A stack machine contrasts with traditional designs in that it lacks general purpose processor registers defined in the instruction set architecture. Instead it uses addressing modes based on offsets in the stack, which is normally stored in main memory or partially cached in registers that are not visible to the programmer.

For example, a modern RISC processor generally includes an instruction to the effect of ADD C,A,B, which means "add the value in register A to the value in register B and place the result in register C". In a stack-based machine, this instruction would simply be ADD, which would inherently remove the top two values on the stack, add them, and place the result back on it. One advantage of this approach is that the instructions are generally smaller; in a machine with 32 user-visible registers like many RISC systems, each of the three register references requires five bits, which demand that the instruction be at least three bytes and typically four. In a stack machine, single-byte opcodes can cover many of the instructions.

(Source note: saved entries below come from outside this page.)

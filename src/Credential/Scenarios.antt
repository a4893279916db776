-- ===== src/Credential/Scenarios.antt =====
-- An Agent whose credential is issued twice.
use remote_build_orchestrato.Common.{ℕ, ◌+◌, ◌≡◌, refl, false, none, some, ok, ◌==◌, if◌then◌else◌}
use remote_build_orchestrato.Credential.{
  Agents, AgentRow, Claims, claims_of, issue_agent_credential, verify_agent_credential,
}
use remote_build_orchestrato.Credential.Rotation.{Enrolled, issued-verifies, older_refused}

abbrev digest : ℕ → ℕ
digest key = key + 1000

abbrev builder : AgentRow
builder = record {
  display_name = 1;
  hostname = none;
  paired_at = 5000;
  device_public_key = some 3;
  device_thumbprint = some 1003;
  credential_version = 4;
  revoked_at = none;
}

abbrev agents : Agents
agents id = if id == 7 then some builder else none

abbrev builder_enrolled : Enrolled digest agents 7
builder_enrolled = record {
  row = builder;
  key = 3;
  stored = refl;
  in_force = refl;
  keyed = refl;
  printed = refl;
}

issued-verifies_example :
    let (after, issued) = issue_agent_credential agents 1 7 9000 in
    (claims : Claims) × (issued ≡ ok claims)
    × (verify_agent_credential digest after 1 (some claims) 2592008000
        ≡ some (record { agent_id = 7; device_public_key = 3; credential_version = 5 }))
    × ((j : ℕ) → (j == 7) ≡ false → after j ≡ agents j)
issued-verifies_example = issued-verifies digest agents 1 7 9000 builder_enrolled 2592008000

older_refused_example :
    let after = (issue_agent_credential agents 1 7 9000).0 in
    verify_agent_credential digest after 1 (some (claims_of 1 7 1003 4 8000)) 9000 ≡ none
unfolding verify_agent_credential
older_refused_example =
    older_refused digest agents 1 7 9000 (claims_of 1 7 1003 4 8000)
      (record { agent_id = 7; device_public_key = 3; credential_version = 4 }) 8500 9000 refl refl

expired :
    let (after, issued) = issue_agent_credential agents 1 7 9000 in
    verify_agent_credential digest after 1 (some (claims_of 1 7 1003 5 9000)) 2592009000 ≡ none
unfolding verify_agent_credential issue_agent_credential
expired = refl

Accessing parameters through a stack in main memory is slower than dedicated registers, and stack machines often have lower general purpose performance as a result. However, this is offset in certain uses. In a register machine, the values in the registers have to be saved out to memory for things like subroutine calls and interrupt processing. If the machine has thirty-two 32-bit registers, this means 1 kbit has to be saved out and another loaded. In a stack machine there are effectively unlimited registers, and the active set can be selected by changing a single value, the stack pointer. This makes these systems extremely fast at context switching and can offer significant performance improvements in systems with many interrupts, like real-time computing.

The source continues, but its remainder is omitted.